Route information
- Maintained by GDRT (Woodmead past Laudium), City of Tshwane Metropolitan Municipality
- Length: 43.8 km (27.2 mi)

Major junctions
- South end: M11 / R101 near Woodmead
- M1 near Woodmead R564 near Woodmead R562 near Bridle Park N14 near Olievenhoutbosch R114 in Centurion R104 in Pretoria West R514 in Claremont, Pretoria
- North end: R80 in Daspoort, Pretoria

Location
- Country: South Africa
- Major cities: Sandton, Centurion, Midrand, Pretoria

Highway system
- Numbered routes of South Africa;
| ← R54 |  | → R56 |

= R55 (South Africa) =

Road in South Africa

The R55 is a north-south provincial route in Gauteng, South Africa that connects Sandton with Pretoria. It passes Woodmead, Kyalami, Olievenhoutbosch, Heuweloord, Sunderland Ridge, Erasmia, Laudium/Claudius, West Park, the Daspoort Tunnel and Danville. It connects with the M1, N14, and R80 highways. It also has dual carriageway sections designated as the P66-1 and K71 by the Gauteng Department of Roads and Transport.

==Route==

The southern terminus of the R55 is a t-junction with the M11/R101 Pretoria Main Road south of Buccleuch. It then crosses and interchanges the M1 De Villiers Graaff motorway/Ben Schoeman Highway as it heads northwards through Woodmead. Leaving Woodmead, it crosses under the N1 highway (Western Bypass) before interchanging with the R564 (Maxwell Drive) in Sunninghill. It continues into Barbeque Downs before crossing the Jukskei River into Kyalami where it intersects the M39 Allandale Road. Leaving the Kyalami Estate, the M71 Main Road t-junctions the route and they are co-signed for a few metres up to Crowthorne, where the M71 becomes the road eastwards towards Grand Central Airport and the Midrand CBD. Continuing north-east, it passes through the Blue Hills agricultural holdings, crossing the R562 (Summit Road) and entering Centurion, passing through the suburb of Olievenhoutbosch, where it becomes a dual carriageway. It then intersects the N14 highway at Junction 317.

Shortly after crossing the N14, it intersects the R114 in the Heuweloord suburb of Centurion. Heading northwards, the M10 intersects the route from the east close to Sunderland Ridge and later the M24 from the west, close to the Zwartkops Raceway.
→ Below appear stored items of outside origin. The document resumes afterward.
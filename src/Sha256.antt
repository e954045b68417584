-- ===== src/Sha256.antt =====
-- src/core/sha256.cpp: `sha256`. A word is a number below 2 ^ 32. The proofs are in the module below.
pub mod Shape
use Prim.Native.Nat.{bit_and, bit_or, bit_xor}
use mathlib.Core.List.{reverse}
use runi.Prelude.{
  ℕ, zero, suc, ◌+◌, ◌-◌, ◌*◌, ◌/◌, ◌%◌, ◌^◌, Bool, true, false, List, [], ◌∷◌, ◌++◌, Bytes, bytes,
  ◌==◌, if◌then◌else◌, length, take, drop,
}
use runi.Json.Printer.{hex_digit}

abbrev pub k : List ℕ
k =
    0x428a2f98 ∷ 0x71374491 ∷ 0xb5c0fbcf ∷ 0xe9b5dba5 ∷ 0x3956c25b ∷ 0x59f111f1 ∷ 0x923f82a4
    ∷ 0xab1c5ed5 ∷ 0xd807aa98 ∷ 0x12835b01 ∷ 0x243185be ∷ 0x550c7dc3 ∷ 0x72be5d74 ∷ 0x80deb1fe
    ∷ 0x9bdc06a7 ∷ 0xc19bf174 ∷ 0xe49b69c1 ∷ 0xefbe4786 ∷ 0x0fc19dc6 ∷ 0x240ca1cc ∷ 0x2de92c6f
    ∷ 0x4a7484aa ∷ 0x5cb0a9dc ∷ 0x76f988da ∷ 0x983e5152 ∷ 0xa831c66d ∷ 0xb00327c8 ∷ 0xbf597fc7
    ∷ 0xc6e00bf3 ∷ 0xd5a79147 ∷ 0x06ca6351 ∷ 0x14292967 ∷ 0x27b70a85 ∷ 0x2e1b2138 ∷ 0x4d2c6dfc
    ∷ 0x53380d13 ∷ 0x650a7354 ∷ 0x766a0abb ∷ 0x81c2c92e ∷ 0x92722c85 ∷ 0xa2bfe8a1 ∷ 0xa81a664b
    ∷ 0xc24b8b70 ∷ 0xc76c51a3 ∷ 0xd192e819 ∷ 0xd6990624 ∷ 0xf40e3585 ∷ 0x106aa070 ∷ 0x19a4c116
    ∷ 0x1e376c08 ∷ 0x2748774c ∷ 0x34b0bcb5 ∷ 0x391c0cb3 ∷ 0x4ed8aa4a ∷ 0x5b9cca4f ∷ 0x682e6ff3
    ∷ 0x748f82ee ∷ 0x78a5636f ∷ 0x84c87814 ∷ 0x8cc70208 ∷ 0x90befffa ∷ 0xa4506ceb ∷ 0xbef9a3f7
    ∷ 0xc67178f2 ∷ []

unfoldable pub rotate_right : ℕ → ℕ → ℕ
rotate_right value count = bit_or (value / 2 ^ count) (value * 2 ^ (32 - count) % 2 ^ 32)

-- The zeros that make the length 56 more than a multiple of 64; fewer than 64 are needed.
unfoldable pub zeros : ℕ → ℕ → Bytes
zeros zero size = []
zeros (suc fuel) size = let rest = zeros fuel (suc size) in if size % 64 == 56 then [] else 0 ∷ rest

-- The low bytes of a number, the highest first.
unfoldable pub big_endian : ℕ → ℕ → Bytes
big_endian zero value = []
big_endian (suc n) value = value / 2 ^ (8 * n) % 2 ^ 8 ∷ big_endian n value

-- The text with its padding and its length in bits.
unfoldable pub padded : Bytes → Bytes
unfolding zeros big_endian
padded text =
    text ++ (0x80 ∷ zeros 64 (suc (length text)) ++ big_endian 8 (length text * 8 % 2 ^ 64))

-- The words of a block of bytes.
unfoldable pub words_of : Bytes → List ℕ
words_of (b0 ∷ b1 ∷ b2 ∷ b3 ∷ rest) =
    bit_or (bit_or (bit_or (b0 * 2 ^ 24) (b1 * 2 ^ 16)) (b2 * 2 ^ 8)) b3 ∷ words_of rest
words_of _ = []

-- `words[index - n]`, with the latest word first.
unfoldable pub back : ℕ → List ℕ → ℕ
back n [] = 0
back zero (w ∷ ws) = 0
back (suc zero) (w ∷ ws) = w
back (suc (suc n)) (w ∷ ws) = back (suc n) ws

unfoldable pub next_word : List ℕ → ℕ
unfolding back rotate_right
next_word words =
    let w15 = back 15 words in
    let w2 = back 2 words in
    let s0 = bit_xor (bit_xor (rotate_right w15 7) (rotate_right w15 18)) (w15 / 2 ^ 3) in
    let s1 = bit_xor (bit_xor (rotate_right w2 17) (rotate_right w2 19)) (w2 / 2 ^ 10) in
    (back 16 words + s0 + back 7 words + s1) % 2 ^ 32

-- As many words more, the latest first.
unfoldable pub expand : ℕ → List ℕ → List ℕ
unfolding next_word
expand zero words = words
expand (suc n) words = expand n (next_word words ∷ words)

-- The 64 words of a block.
unfoldable pub schedule : Bytes → List ℕ
unfolding words_of expand
schedule block = reverse (expand 48 (reverse (words_of block)))

pub record State : Type 0 where
  pub a : ℕ
  pub b : ℕ
  pub c : ℕ
  pub d : ℕ
  pub e : ℕ
  pub f : ℕ
  pub g : ℕ
  pub h : ℕ

abbrev pub initial_state : State
initial_state = record {
  a = 0x6a09e667;
  b = 0xbb67ae85;
  c = 0x3c6ef372;
  d = 0xa54ff53a;
  e = 0x510e527f;
  f = 0x9b05688c;
  g = 0x1f83d9ab;
  h = 0x5be0cd19;
}

unfoldable pub round : State → ℕ → ℕ → State
unfolding rotate_right
round s constant word =
    let s1 = bit_xor (bit_xor (rotate_right s.e 6) (rotate_right s.e 11)) (rotate_right s.e 25) in
    let choice = bit_xor (bit_and s.e s.f) (bit_and (2 ^ 32 - 1 - s.e) s.g) in
    let temp1 = (s.h + s1 + choice + constant + word) % 2 ^ 32 in
    let s0 = bit_xor (bit_xor (rotate_right s.a 2) (rotate_right s.a 13)) (rotate_right s.a 22) in
    let majority = bit_xor (bit_xor (bit_and s.a s.b) (bit_and s.a s.c)) (bit_and s.b s.c) in
    let temp2 = (s0 + majority) % 2 ^ 32 in
    record {
      a = (temp1 + temp2) % 2 ^ 32;
      b = s.a;
      c = s.b;
      d = s.c;
      e = (s.d + temp1) % 2 ^ 32;
      f = s.e;
      g = s.f;
      h = s.g;
    }

unfoldable pub rounds : List ℕ → List ℕ → State → State
unfolding round
rounds (constant ∷ constants) (word ∷ words) s = rounds constants words (round s constant word)
rounds _ _ s = s

unfoldable pub add_state : State → State → State
add_state s t = record {
  a = (s.a + t.a) % 2 ^ 32;
  b = (s.b + t.b) % 2 ^ 32;
  c = (s.c + t.c) % 2 ^ 32;
  d = (s.d + t.d) % 2 ^ 32;
  e = (s.e + t.e) % 2 ^ 32;
  f = (s.f + t.f) % 2 ^ 32;
  g = (s.g + t.g) % 2 ^ 32;
  h = (s.h + t.h) % 2 ^ 32;
}

-- The loop over the blocks, of which there are as many as the fuel.
unfoldable pub process : ℕ → Bytes → State → State
unfolding schedule rounds add_state
process zero text s = s
process (suc n) text s =
    process n (drop 64 text) (add_state s (rounds k (schedule (take 64 text)) s))

-- `std::setw(8) << std::hex`.
unfoldable pub hex_word : ℕ → ℕ → Bytes
unfolding hex_digit
hex_word zero value = []
hex_word (suc n) value = hex_digit (value / 2 ^ (4 * n) % 2 ^ 4) ∷ hex_word n value

unfoldable pub hex_words : List ℕ → Bytes
unfolding hex_word
hex_words [] = []
hex_words (value ∷ values) = hex_word 8 value ++ hex_words values

unfoldable pub hex_state : State → Bytes
unfolding hex_words
hex_state s = hex_words (s.a ∷ s.b ∷ s.c ∷ s.d ∷ s.e ∷ s.f ∷ s.g ∷ s.h ∷ [])

unfoldable pub sha256 : Bytes → Bytes
unfolding padded process hex_state
sha256 text = hex_state (process (length (padded text) / 64) (padded text) initial_state)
Continuing to Laudium, the M26 intercepts the route just south of the suburb. Leaving Laudium towards the northeast, it enters Pretoria as Quagga Road and reaches an intersection, where Quagga Road becomes the M22 and the R55 turns north as Transoranje Road, passing in-between West Park and Proclamation Hill before crossing the R104 and the M4 Magalies Toll Freeway. The R55 Transoranje Road heads north through Danville where it passes through the Daspoort Tunnel.

Leaving the tunnel, it continues north through Claremont, Daspoort and Booysens, crossing the R80 Mabopane Highway intersection and after a short distance ends as a t-junction with Denyssen Avenue in Suiderberg, Northern Pretoria.

==History/Future==
Although parts of the road in Johannesburg were widened in 2005, other single-lane sections of the route, especially in Centurion, were in a dangerous state, due to the high volumes of traffic and presence of heavy vehicles causing the road surface to deteriorate.

Renovation of a section in Centurion between the N14 and M10/Wierda Road intersection near Sunderland Ridge began in 2007, with construction largely completed by September 2010. The large Monavoni Circle was replaced with traffic lights, and a dual carriageway was built in this section, with surfaced shoulders to replace the existing narrow two-lane single carriageway.

Also, as a result of a fatal accident the existing N14 offramp from Centurion was converted into a four-way stop temporarily, and traffic lights were later installed.

Extension of the 4 lane dual-carriageway, to replace the section between the M10/Wierda Road intersection and Erasmia, a narrow two-lane single carriageway, passing over the Hennops River, which was overloaded and had severely deteriorated, began in late 2010, and was largely completed by late 2012, along with the installation of lighting on the newly constructed sections, including the previously rebuilt section between Weirda Road and the N14. The remaining provincially maintained (existing) dual-carriageway stretch beyond Erasmia, and part of the municipality-owned section beyond Laudium to the Maunde Street entrance to Atteridgeville was rehabilitated in 2014.